その夜はリッキー投手と、なぜ我々がトレードされたのだろうかと話し合いました。2人とも少なからずショックで、それはチームトップとは行かないまでもシーズン終了時にはリッキー投手はリーグ3位タイとなる5勝、ぼくは打率.320という成績を残すほどの活躍をしていて、チームに必要としてもらっていると思っていたからです。
しかし2人で考えても答えは出ないまま、午前4時近くなってようやくその日は就寝することにしました。もしかすると、朝起きたらトレードは夢かも知れません。
果たして翌朝目が覚めるとトレードは夢ではなく、それどころかリッキーはアグアダ・エクスプローラーズ Aguada Explorersからさらにプラッツバーグ・レッドバーズ Plattsburgh Redbirdsへとトレードになっていました。
お互いここまでほぼ毎試合バッテリーを組んできて、バッテリーを組んでいない試合でもサードから配球の指示を出したり、普段の生活から組み立てやボールの軌道の話をしたり、あるいはピッチャー同士として変化球の研究をしたりと、このシーズン中は常に一緒にいたので、別々のチームになることをとてもとても寂しく感じました。

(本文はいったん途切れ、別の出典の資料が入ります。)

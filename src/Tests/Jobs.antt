-- ===== src/Tests/Jobs.antt =====
-- The jobs at concrete databases, with numbers for progress.
use pruebas_personalizadas.Prelude.Common.{
  ℕ, ◌+◌, ◌≤◌, ◌≡◌, refl, sym, subst, String, Option, none, some, List, [], ◌∷◌, Bool, false, ◌&&◌,
  not, ◌⊎◌, Memᴰ, arith,
}
use pruebas_personalizadas.Prelude.Eq.{string_eq}
use pruebas_personalizadas.Prelude.Lists.{any, filter}
use pruebas_personalizadas.Prelude.Sets.{mem, distinct, has_duplicates, has_duplicates-false}
use pruebas_personalizadas.Prelude.Sort.{insert, sort, IsOrder}
use pruebas_personalizadas.Prelude.Result.{ok, reject, ◌>>=◌, ◌>>◌}
use pruebas_personalizadas.Prelude.Rows.{put, get_row}
use pruebas_personalizadas.Jobs.Documents.{assessment_row}
use pruebas_personalizadas.Jobs.Tables.{
  RunStatus, FailureClass, JobKind, JobRow, JobStatus, Database, job_row, submission_row,
  activity_row, stage_run_row,
}
use pruebas_personalizadas.Jobs.Queue.{job_of_status, with_job, report, save_job_status}
use pruebas_personalizadas.Jobs.Worker.{
  lease_expired, fail_aggregate, failed_row, fail_job, reconcile_row, reconcile_rows, claimed_row,
  stale_rows, reconcile_stale_jobs, claim_first, claim_next_job, is_claimable,
}
use pruebas_personalizadas.Jobs.History.Change.{Reports, at_most, IsSound, LivesOn}
use pruebas_personalizadas.Jobs.History.Operations.{any_attempt-Fits}
use pruebas_personalizadas.Jobs.History.Audit.{IsAudit}
use pruebas_personalizadas.Jobs.History.Moves.{
  Move, History, IsConsistent, History-IsConsistent, History-LivesOn,
}
use pruebas_personalizadas.Jobs.History.Claims.{
  IsClaim, claim_next_job-takes, reconcile_stale_jobs-fails,
}
use pruebas_personalizadas.Jobs.History.Attempts.{claims, claims-bounded}

abbrev status : String → RunStatus → ℕ → Option ℕ → JobStatus ℕ
status id run attempt started_at = record {
  job_id = id;
  tenant_id = "ten";
  aggregate_id = "agg";
  stage = "PARSE";
  status = run;
  progress = 0;
  attempt = attempt;
  diagnostics = [];
  started_at = started_at;
  finished_at = none;
}

abbrev waiting : JobRow ℕ
waiting = job_of_status 10 (status "j1" RunStatus.queued 0 none) JobKind.question_action

abbrev pub orphan : JobRow ℕ
orphan = job_of_status 5 (status "j2" RunStatus.running 1 (some 7)) JobKind.question_action

abbrev pub database : List (JobRow ℕ) → Database ℕ
database jobs = record {
  jobs = jobs;
  submissions = [];
  activities = [];
  artifacts = [];
  stage_runs = [];
  controls = [];
  assessments = [];
  guides = [];
  events = [];
}

abbrev pub start : Database ℕ
start = database (waiting ∷ orphan ∷ [])

of_status-IsSound :
    {r : Reports} (id : String) (run : RunStatus) (attempt : ℕ) (started_at : Option ℕ)
    (kind : JobKind) (now : ℕ)
    → attempt ≤ 3
    → IsSound r (job_of_status now (status id run attempt started_at) kind)
unfolding job_of_status
of_status-IsSound id run attempt started_at kind now few = record {
  used = at_most _ _ _ few;
  some_attempt = omega arith;
  few_attempts = omega arith;
  projected = refl;
}

start-IsConsistent : {r : Reports} → IsConsistent r start
unfolding has_duplicates mem distinct job_of_status
start-IsConsistent {r} = record {
  jobs = record {
    sound = λ row m. elim m [
      | Memᴰ.head e ↦
          subst (IsSound r) (sym e) (
            of_status-IsSound "j1" RunStatus.queued 0 none JobKind.question_action 10 (omega arith))
      | Memᴰ.tail k ↦ elim k [
        | Memᴰ.head e ↦ subst (IsSound r) (sym e) (
            of_status-IsSound "j2" RunStatus.running 1 (some 7) JobKind.question_action 5
              (omega arith))
        | Memᴰ.tail n ↦ elim n [ ]
      ]
    ];
    once = has_duplicates-false {A = String} ("j1" ∷ "j2" ∷ []) refl;
  };
  controls = IsAudit.empty;
}

-- Identifiers that are not compared: the jobs differ in their times.
abbrev unordered : String → String → Bool
unordered a b = false

unordered-IsOrder : IsOrder unordered
unordered-IsOrder = record { asym = λ a b h. refl; later = λ a b c h k. refl }

abbrev nobody : JobRow ℕ → Bool
nobody row = false

abbrev recovered : Database ℕ
recovered = fail_job FailureClass.transient lease_expired 1000000000 orphan start

abbrev claimed : Database ℕ
claimed = with_job (claimed_row 1000000005 waiting) recovered

recover_test : reconcile_stale_jobs unordered nobody 300 1000000000 start ≡ ok (1, recovered)
unfolding reconcile_stale_jobs reconcile_rows reconcile_row fail_aggregate failed_row put sort
    insert filter job_of_status ◌>>=◌ ◌>>◌ reject
recover_test = refl

claim_test :
    claim_next_job unordered nobody 300 1000000000 1000000005 start
    ≡ ok (some (claimed_row 1000000005 waiting), claimed)
unfolding claim_next_job claim_first claimed_row reconcile_stale_jobs reconcile_rows reconcile_row
    fail_aggregate failed_row put sort insert filter job_of_status ◌>>=◌ ◌>>◌ reject
claim_test = refl

abbrev claim_history : (r : Reports) → History r start claimed
claim_history r =
    History.next History.here
      (Move.claim unordered nobody 300 1000000000 1000000005 unordered-IsOrder claim_test)

-- A report that takes the attempt of the claim back.
abbrev late : JobStatus ℕ
late = status "j1" RunStatus.running 0 (some 1000000005)

abbrev reported : Database ℕ
reported = with_job (report late (claimed_row 1000000005 waiting)) claimed

report_test : save_job_status 1000000006 late none claimed ≡ ok reported
unfolding save_job_status report claimed_row get_row put fail_aggregate failed_row job_of_status
    ◌>>=◌ ◌>>◌ reject
report_test = refl

abbrev report_history : History Reports.any_attempt start reported
report_history =
    History.next (claim_history Reports.any_attempt)
      (Move.save_status 1000000006 late none (any_attempt-Fits late claimed) report_test)

History-IsConsistent_example : IsConsistent Reports.any_attempt reported
History-IsConsistent_example = History-IsConsistent start-IsConsistent report_history

History-LivesOn_example : LivesOn Reports.any_attempt start.jobs reported.jobs
History-LivesOn_example = History-LivesOn start-IsConsistent report_history

claims-bounded_example :
    (waiting.attempt + claims waiting.id (claim_history Reports.within_attempts)
      ≤ waiting.max_attempts)
    × (claims waiting.id (claim_history Reports.within_attempts) ≤ 10)
claims-bounded_example =
    claims-bounded waiting start-IsConsistent (claim_history Reports.within_attempts)
      (Memᴰ.head refl)

claim_next_job-takes_example :
    (n : ℕ) × (between : Database ℕ) × (reconcile_stale_jobs unordered nobody 300 1000000000 start
      ≡ ok (n, between))
    × (((row : JobRow ℕ) × (some (claimed_row 1000000005 waiting) ≡ some row)
          × IsClaim unordered nobody 1000000005 between claimed row)
        ⊎ ((some (claimed_row 1000000005 waiting) ≡ none)
            × (claimed ≡ between)
            × (any (λ row. is_claimable 1000000005 row && not (nobody row)) between.jobs ≡ false)))
claim_next_job-takes_example =
    claim_next_job-takes unordered nobody 300 1000000000 1000000005 start unordered-IsOrder
      claim_test

orphan_is_stale : stale_rows unordered nobody 700000000 start ≡ orphan ∷ []
unfolding sort insert filter job_of_status
orphan_is_stale = refl

reconcile_stale_jobs-fails_example :
    (new : JobRow ℕ) × Memᴰ new recovered.jobs
    × (new.id ≡ orphan.id)
    × (new.status ≡ RunStatus.failed)
reconcile_stale_jobs-fails_example =
    reconcile_stale_jobs-fails unordered nobody 300 1000000000 start
      (start-IsConsistent {r = Reports.any_attempt}).jobs recover_test
      (subst (λ rows. Memᴰ orphan rows) (sym orphan_is_stale) (Memᴰ.head refl))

リッキーも、一緒にトレードになったときは悔しいけどここから一緒にもう一回頑張りましょうって思いましたけど、返田さんと離れるのはめっちゃ寂しいですと言ってくれていました。
その翌々日、午前中にエクスプローラーズでの2試合目を終えて滞在先の大学の寮へ帰ってくると、エクスプローラーズの監督、ジョーイにお前に電話だといって携帯を渡されました。
“How are you?”
電話に出ると、相手はリーグ副代表のジェリーでした。”Are you alright?”と聞かれたので、ここ2試合出場していないので本塁クロスプレーで痛めた腰を心配されているのかと思い、
“Yes, I’m alright.”
と言った後、翌日ピッチャーとして先発予定であることを伝えようとしました。しかし、ジェリーの意図はそうではありませんでした。
“OK. Puerto Rico Islanders needs a catcher. Do you want to play?”
現在シーズン2位のプエルトリコ・アイランダーズでキャッチャーとしてぼくを必要としてくれているという知らせでした。わかったと言って電話を切ると、事情を知ったコーチのジョーイが、笑顔で行って来いよと言ってくれました。車を運転してくれていたネリーにグランドへ戻ってくれないか?今からもう1試合プレーすることになったんだとお願いしました。
結局この試合はキャッチャーとして先発して、盗塁殺と2安打を記録しましたが、チームは敗戦。プエルト・リコの一員としてプレーするのもこの試合だけの予定だったようで、翌日にはまたエクスプローラーズに戻ることになりました。それでも人生初のトレードにまつわるこの数日間は、とてもエキサイティングなものとなりました。
そしてひとつわかったことがありました。ぼくだけでなくリッキーやエクスプローラーズにトレードになった他の選手たちも含めて、いい成績は残していても今のパワーや、スピードや、フィジカルで今年さらに上のリーグに上がるのは無理だと感じられる選手たちでした。
反対にトレードや新規獲得によりポストシーズンをプレーする機会を与えられた選手たちは、たとえ今シーズンの成績が良くなかったとしても潜在能力を感じさせるような、この力を持った選手が成績を残したら上のリーグに行けるだろうと思わせる選手でした。選手としてのスケールの大きさを感じさせる選手たちです。
元日本代表でダイエー、ソフトバンク、マリナーズ、ブルージェイズ、カブスでプレーした川崎宗則選手はぼくも大好きな素晴らしい選手です。しかし、メジャーのスプリングキャンプでホームランを打つなど誰よりも活躍していながら、開幕前に誰かをマイナーに降格させなければならないとなったときに名前が挙がってしまったことがありました。
メジャーレベルから見れば、たとえ不振だったとしても川崎宗則ではなくハヴィ・バイエズなのです。バイエズと比べられたら仕方ないと思うかも知れません。でもそれこそが、みんなが感じてしまうスケールの差なのだと思います。
こうしたスケールの大きな選手になるというのは一朝一夕にはできないことです。しかし、少なくともこれでぼくたちがトレードになった理由が少しずつ理解できてきました。理解ができれば対策の立てようもあります。
選手としてスケールの大きい選手。今のレベルで良い選手というだけではなく、打つのも、投げるのも、捕るのも、強く速くて、何か起こしてくれるのではないかとワクワクさせてくれるような選手。そういった選手になるためのアプローチを考えるウィンターシーズンにしよう、と思った初めてのトレードでした。